# Diagram 13: Mumford's treasure map / the arithmetic surface

**David Mumford** first came up with this diagram in his *'red book'*. **Lieven Lebruyn** writes: *"It was believed to be the first depiction of one of Grothendieck's prime spectra [...], and as such was influential for generations of arithmetic geometers"*.

Also called the *arithmetic surface*, it's a natural habitat for F_1, the contradictory *field with one element*. It is studied nevertheless, evading the problematic ontology by euphemizing it as "virtual"... Let me first explain what we see in the picture:

The vertical lines correspond to the *prime fields*. That's *clockwork arithmetic* for prime number sized clock faces. Non-prime number sized clockwork algebras suffer *zero divisors*. For example,

```
24:00 is zero'th hour,
so 2*12 is zero,
that means 2 divides zero
(as would 12 and any other factor of 24).
```

Ordinary numbers don't behave like that, also it complicates things in a way that the prime fields help to understand... A story for another time. Anyway, that's why a vertical line is drawn only for clockwork algebras of prime number size (i'll call them F_p, even if labeled V((p)) in the picture).

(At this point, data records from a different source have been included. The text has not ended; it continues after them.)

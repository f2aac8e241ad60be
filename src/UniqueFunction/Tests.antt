-- ===== src/UniqueFunction/Tests.antt =====
-- Callables that are numbers: 0 is a null one, and one that is moved from becomes 0.
use portable_concurrency.Prelude.{
  ℕ, zero, suc, ◌≡◌, Bool, true, false, Option, none, some, refl, arith,
}
use portable_concurrency.Store.{◌>>◌, done, undefined, user}
use portable_concurrency.SmallFunction.{Slot}
use portable_concurrency.UniqueFunction.{
  Callable, World, construct, construct_moved, assign, call, holds,
}
use portable_concurrency.UniqueFunction.Calls.{
  nothing, pointed, kind, slot_of, assign_moves_content,
}
use portable_concurrency.UniqueFunction.Lifetime.{lifetime, lifetime_frees}

abbrev is_zero : ℕ → Bool
is_zero zero = true
is_zero (suc n) = false

abbrev to_zero : ℕ → ℕ
to_zero n = 0

-- The object 0 has nothing, all others the block 0.
abbrev objects : ℕ → Slot (Callable ℕ)
objects zero = slot_of nothing
objects (suc n) = slot_of (pointed 0 9)

abbrev block : ℕ → Option ℕ
block zero = some 9
block (suc n) = none

abbrev world : World ℕ
world = record {
  small = record { slots = objects; created = 1; destroyed = 0 };
  blocks = block;
  fresh = 1;
}

assign_moves_content_example :
    let r = assign (kind false is_zero to_zero) 0 1 world in
    (r.0 ≡ done tt)
    × (call (user 1) 0 r.1 ≡ done 9)
    × (call (user 1) 1 r.1 ≡ undefined)
    × (holds 1 r.1 ≡ true)
    × (r.1.blocks ≡ block)
unfolding holds
assign_moves_content_example =
    assign_moves_content (kind false is_zero to_zero) (user 1) 0 1 world nothing (pointed 0 9)
      (λ e. omega (arith, e)) refl refl tt refl tt

lifetime_frees_example :
    let k = kind false is_zero to_zero in
    let r = (construct k 4 5 7 >> construct_moved k 6 5) world in
    let e = lifetime k 4 5 6 7 world in
    (call (user 1) 6 r.1 ≡ done 7) × (e.0 ≡ done tt) × ((x : ℕ) → e.1.blocks x ≡ block x)
lifetime_frees_example =
    lifetime_frees (user 1) false is_zero to_zero 4 5 6 7 world (λ e. omega (arith, e))
      (λ e. omega (arith, e)) refl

Then there's a horizontal curve for every integral polynomial (one with integer coefficients), that happens to be a prime ideal . Remember, a prime ideal of Z[x] is a set of integral polynomials that together do the same job as a single prime number does for ordinary numbers: Every integral polynomial can be factored into a product of elements of prime ideals , just as every number can be written as a product of prime numbers. I've written a bit about prime ideals in diagram 11.

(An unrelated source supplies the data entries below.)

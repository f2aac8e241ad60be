-- ===== src/WhenAll.antt =====
-- bits/when_all.h: `when_all_state`, whose inputs become ready on any threads.
mod Counting
pub mod Ready
mod Tests
use portable_concurrency.Prelude.{
  ℕ, zero, suc, ◌+◌, ◌-◌, Bool, true, false, ltb, if◌then◌else◌, update,
}

-- An input, with the call of `notify` in its continuation.
pub data Input : Type 0 where
  waiting : Input
  ready : Input  -- before its continuation is pushed, which is then called in place
  calling : Input  -- in `notify`, before `--operations_remains_`
  last : Input  -- has found zero, before `continuations_.execute()`
  over : Input

-- The call of `notify` that `make` ends with counts as an input, the one with the number `size`.
pub record WhenAll : Type 0 where
  pub size : ℕ
  pub inputs : ℕ → Input
  pub pushed : ℕ  -- how far `for_each` in `make` has come
  pub operations_remains : ℕ
  pub executions : ℕ  -- calls of `continuations_.execute()`

abbrev pub put : WhenAll → ℕ → Input → WhenAll
put s i x = record s { inputs = update s.inputs i x }

-- The future `i` becomes ready.
abbrev pub complete_input : WhenAll → ℕ → Input → WhenAll
complete_input s i waiting = put s i (if ltb i s.pushed then calling else ready)
complete_input s i _ = s

unfoldable pub complete : WhenAll → ℕ → WhenAll
complete s i = if ltb i s.size then complete_input s i (s.inputs i) else s

-- `push` on the continuations of the next future.
abbrev pub push_on : WhenAll → ℕ → Input → WhenAll
push_on s i ready = put (record s { pushed = suc i }) i calling
push_on s i _ = record s { pushed = suc i }

-- A step of `make`: the next turn of `for_each`, and after the last one `state->notify()`.
abbrev pub make_at : WhenAll → ℕ → WhenAll
make_at s i =
    if ltb i s.size
    then push_on s i (s.inputs i)
    else (if ltb s.size i then s else put (record s { pushed = suc i }) i calling)

unfoldable pub make_step : WhenAll → WhenAll
make_step s = make_at s s.pushed

abbrev pub after_decrement : WhenAll → ℕ → ℕ → WhenAll
after_decrement s i zero = put (record s { operations_remains = 0 }) i last
after_decrement s i (suc k) = put (record s { operations_remains = suc k }) i over

abbrev pub notify_input : WhenAll → ℕ → Input → WhenAll
notify_input s i calling = after_decrement s i (s.operations_remains - 1)
notify_input s i last = put (record s { executions = suc s.executions }) i over
notify_input s i _ = s

-- A step of the call of `notify` for the input `i`: the decrement, and then the execution.
unfoldable pub notify_step : WhenAll → ℕ → WhenAll
notify_step s i = notify_input s i (s.inputs i)

-- `when_all_state(Sequence&&)` with futures that are not ready; those that are become ready next.
abbrev pub init : ℕ → WhenAll
init n = record {
  size = n;
  inputs = λ _. waiting;
  pushed = 0;
  operations_remains = suc n;
  executions = 0;
}

-- Any interleaving.
pub data Reach : WhenAll → Type 0 where
  start : (n : ℕ) → Reach (init n)
  completes : {s : WhenAll} (i : ℕ) → Reach s → Reach (complete s i)
  makes : {s : WhenAll} → Reach s → Reach (make_step s)
  notifies : {s : WhenAll} (i : ℕ) → Reach s → Reach (notify_step s i)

Mumford's treasure map shows the prime ideals for F_p[x]. It is a complete map of the prime-number-like structure of the polynomials in any finite field! But why do some curves visit the same point multiple times?

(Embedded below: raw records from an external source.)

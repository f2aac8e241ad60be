-- ===== src/WhenAll/Counting.antt =====
-- `operations_remains_` counts the inputs that have not been through the decrement.
use portable_concurrency.Prelude.{
  below, count-all_true, count-all_false, subst, dec_le, ℕ, zero, suc, ◌+◌, ◌-◌, ◌≡◌, ◌≤◌, ◌<◌, ◌≢◌,
  refl, sym, ap, Bool, true, false, ltb, if◌then◌else◌, update, count, count-update, one_if,
  update-there, ◌∙◌, arith,
}
use portable_concurrency.WhenAll.{
  WhenAll, Input, waiting, ready, calling, last, over, put, complete, complete_input, push_on,
  make_at, make_step, after_decrement, notify_input, notify_step, init, Reach, start, completes,
  makes, notifies,
}

abbrev pub is_pending : Input → Bool
is_pending last = false
is_pending over = false
is_pending _ = true

abbrev pub is_last : Input → Bool
is_last last = true
is_last _ = false

abbrev pub zero_test : ℕ → ℕ
zero_test zero = 1
zero_test (suc _) = 0

-- What has executed or is about to is one input, if nothing remains, and else none.
pub record Inv (s : WhenAll) : Type 0 where
  pub remains : s.operations_remains ≡ count is_pending (suc s.size) s.inputs
  pub executions :
      s.executions + count is_last (suc s.size) s.inputs ≡ zero_test s.operations_remains
  pub beyond : (i : ℕ) → s.size < i → s.inputs i ≡ waiting
  pub maker : s.pushed ≤ s.size → s.inputs s.size ≡ waiting

count-put :
    (test : Input → Bool) (s : WhenAll) (i : ℕ) (x y : Input)
    → i ≤ s.size
    → s.inputs i ≡ y
    → count test (suc s.size) (update s.inputs i x) + one_if (test y)
      ≡ count test (suc s.size) s.inputs + one_if (test x)
count-put test s i x y l e = omega (
  arith,
  count-update test (suc s.size) s.inputs i x (omega (arith, l)),
  ap (λ a. one_if (test a)) e,
)

-- A change of the input `i` from `y` to `x`, and of the numbers by what this takes from the counts.
changed-Inv :
    (s : WhenAll) (i : ℕ) (x y : Input) (n k : ℕ)
    → i ≤ s.size
    → s.inputs i ≡ y
    → (s.pushed ≤ s.size → i ≢ s.size)
    → n + one_if (is_pending y) ≡ s.operations_remains + one_if (is_pending x)
    → k + one_if (is_last x) + zero_test s.operations_remains
      ≡ s.executions + one_if (is_last y) + zero_test n
    → Inv s
    → Inv (put (record s { operations_remains = n; executions = k }) i x)
changed-Inv s i x y n k l e m p q inv = record {
  remains = omega (arith, count-put is_pending s i x y l e, p, inv.remains);
  executions = omega (arith, count-put is_last s i x y l e, q, inv.executions);
  beyond = λ j g. update-there s.inputs i x j (λ same. omega (arith, same, g, l)) ∙ inv.beyond j g;
  maker = λ h. update-there s.inputs i x s.size (m h) ∙ inv.maker h;
}

pushed-Inv :
    (s : WhenAll) (n : ℕ) → (n ≤ s.size → s.pushed ≤ s.size) → Inv s → Inv (record s { pushed = n })
pushed-Inv s n f inv = record {
  remains = inv.remains;
  executions = inv.executions;
  beyond = inv.beyond;
  maker = λ h. inv.maker (f h);
}

become-Inv :
    (s : WhenAll) (i : ℕ) (b : Bool)
    → i < s.size
    → s.inputs i ≡ waiting
    → Inv s
    → Inv (put s i (if b then calling else ready))
become-Inv s i true l e inv =
    changed-Inv s i calling waiting s.operations_remains s.executions (omega (arith, l)) e
      (λ _. omega (arith, l)) refl refl inv
become-Inv s i false l e inv =
    changed-Inv s i ready waiting s.operations_remains s.executions (omega (arith, l)) e
      (λ _. omega (arith, l)) refl refl inv

complete_input-Inv :
    (s : WhenAll) (i : ℕ) (x : Input)
    → i < s.size
    → s.inputs i ≡ x
    → Inv s
    → Inv (complete_input s i x)
complete_input-Inv s i waiting l e inv = become-Inv s i (ltb i s.pushed) l e inv
complete_input-Inv s i ready l e inv = inv
complete_input-Inv s i calling l e inv = inv
complete_input-Inv s i last l e inv = inv
complete_input-Inv s i over l e inv = inv

push_on-Inv :
    (s : WhenAll) (i : ℕ) (x : Input)
    → i < s.size
    → s.pushed ≡ i
    → s.inputs i ≡ x
    → Inv s
    → Inv (push_on s i x)
push_on-Inv s i ready l h e inv =
    changed-Inv (record s { pushed = suc i }) i calling ready s.operations_remains s.executions
      (omega (arith, l)) e (λ _. omega (arith, l)) refl refl
      (pushed-Inv s (suc i) (λ _. omega (arith, l, h)) inv)
push_on-Inv s i waiting l h e inv = pushed-Inv s (suc i) (λ _. omega (arith, l, h)) inv
push_on-Inv s i calling l h e inv = pushed-Inv s (suc i) (λ _. omega (arith, l, h)) inv
push_on-Inv s i last l h e inv = pushed-Inv s (suc i) (λ _. omega (arith, l, h)) inv
push_on-Inv s i over l h e inv = pushed-Inv s (suc i) (λ _. omega (arith, l, h)) inv

-- In `notify` the input is not the one of `make` before `make` has come to it.
not_maker :
    (s : WhenAll) (i : ℕ) (x : Input)
    → Inv s
    → s.inputs i ≡ x
    → x ≢ waiting
    → s.pushed ≤ s.size
    → i ≢ s.size
not_maker s i x inv e d h same = d (sym e ∙ ap s.inputs same ∙ inv.maker h)

after_decrement-Inv :
    (s : WhenAll) (i n : ℕ)
    → i ≤ s.size
    → s.inputs i ≡ calling
    → s.operations_remains ≡ suc n
    → Inv s
    → Inv (after_decrement s i n)
after_decrement-Inv s i zero l e r inv =
    changed-Inv s i last calling 0 s.executions l e (not_maker s i calling inv e (λ c. absurd (cc)))
      (omega (arith, r)) (omega (arith, ap zero_test r)) inv
after_decrement-Inv s i (suc k) l e r inv =
    changed-Inv s i over calling (suc k) s.executions l e
      (not_maker s i calling inv e (λ c. absurd (cc))) (omega (arith, r))
      (omega (arith, ap zero_test r)) inv

-- An input that is counted leaves something to take away.
calling-remains :
    (s : WhenAll) (i : ℕ)
    → i ≤ s.size
    → s.inputs i ≡ calling
    → Inv s
    → s.operations_remains ≡ suc (s.operations_remains - 1)
calling-remains s i l e inv = omega (arith, count-put is_pending s i over calling l e, inv.remains)

notify_input-Inv :
    (s : WhenAll) (i : ℕ) (x : Input)
    → i ≤ s.size
    → s.inputs i ≡ x
    → Inv s
    → Inv (notify_input s i x)
notify_input-Inv s i calling l e inv =
    after_decrement-Inv s i (s.operations_remains - 1) l e (calling-remains s i l e inv) inv
notify_input-Inv s i last l e inv =
    changed-Inv s i over last s.operations_remains (suc s.executions) l e
      (not_maker s i last inv e (λ c. absurd (cc))) refl (omega arith) inv
notify_input-Inv s i waiting l e inv = inv
notify_input-Inv s i ready l e inv = inv
notify_input-Inv s i over l e inv = inv

init-Inv : (n : ℕ) → Inv (init n)
init-Inv n = record {
  remains = sym (count-all_true is_pending (suc n) (λ _. waiting) (λ i l. refl));
  executions = omega (arith, count-all_false is_last (suc n) (λ _. waiting) (λ i l. refl));
  beyond = λ i h. refl;
  maker = λ h. refl;
}

make_at-Inv : (s : WhenAll) (i : ℕ) → s.pushed ≡ i → Inv s → Inv (make_at s i)
make_at-Inv s i h inv =
    below Inv i s.size (push_on s i (s.inputs i))
      (if ltb s.size i then s else put (record s { pushed = suc i }) i calling)
      (λ l. push_on-Inv s i (s.inputs i) l h refl inv)
      (λ g.
        below Inv s.size i s (put (record s { pushed = suc i }) i calling) (λ _. inv)
          (λ l.
            changed-Inv (record s { pushed = suc i }) i calling waiting s.operations_remains
              s.executions l (ap s.inputs (omega (arith, l, g)) ∙ inv.maker (omega (arith, h, l)))
              (λ m. omega (arith, m, g)) refl refl
              (pushed-Inv s (suc i) (λ m. omega (arith, m, g)) inv)))

pub Reach-Inv : {s : WhenAll} → Reach s → Inv s
unfolding complete make_step notify_step
Reach-Inv (start n) = init-Inv n
Reach-Inv (completes {s} i r) =
    below Inv i s.size (complete_input s i (s.inputs i)) s
      (λ l. complete_input-Inv s i (s.inputs i) l refl (Reach-Inv r)) (λ _. Reach-Inv r)
Reach-Inv (makes {s} r) = make_at-Inv s s.pushed refl (Reach-Inv r)
Reach-Inv (notifies {s} i r) = elim (dec_le i s.size) [
  | yes l ↦ notify_input-Inv s i (s.inputs i) l refl (Reach-Inv r)
  | no g ↦
      subst (λ x. Inv (notify_input s i x)) (sym ((Reach-Inv r).beyond i (omega (arith, g))))
        (Reach-Inv r)
]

Take the curve for (x^2+1). In F_5 it isn't a prime ideal! But we'll put something else on the same curve, since in F_5,

(x+2)*(x+3) = x^2 + 5x + 6 = x^2 + 1.

But there's more! To the top there's the zero polynomial, there's one for every F_p and each is contained in all the other ideals below - hence the vertical doilies.

To the right we find the prime ideals for all the integral polynomials Z[x] interpreted as F_infinity.

There's even more: **Yuri I. Manin** added some limit lines: On the bottom he adds the arithmetic axis , another horizontal line, corresponding to the prime numbers and "explaining" the integers. Just like the curves above do for the polynomials.

He also added the *geometric axis*: A vertical line left to the one for F_2, which would correspond to the elusive F_1 - the field that cannot exist... But that might be used to place other well known mathematical structures in the diagram. A task that has not yielded a satisfying result, yet.

I'm indebted to Lieven Lebruyn, the picture and most of what i know i got from him - but all the errors are mine. Here's the blog:

http://www.neverendingbooks.org/index.php/mumfords-treasure-map.html

His "absolute geometry" is the same content, prepped into a pdf. I warmly suggest you try this excellent and entertaining paper, full of insights and anecdotes. Starting with our picture it'll lead you to F_1, Mazur's knotted dictionary and other fun stuff:

http://matrix.cmi.ua.ac.be/XTRA/ncg.pdf

There should be newer finds in the more recent preprint "Absolute geometry and the Habiro topology" , but i haven't really gotten to it. Also, it's less of an expository leisure trip than the link above:

http://arxiv.org/abs/1304.6532

I probably should tell you here that the *affine scheme* is also known as the *spectrum of a ring*. And that i think, using this diagram, one should be able to explain *Zariski topology* and what **Alexandre Grothendieck** has done to it. But right now i'm not sure i can.

And then, wikipedia says about the spectrum of a ring:

It is commonly augmented with the Zariski topology and with a structure sheaf, turning it into a locally ringed space.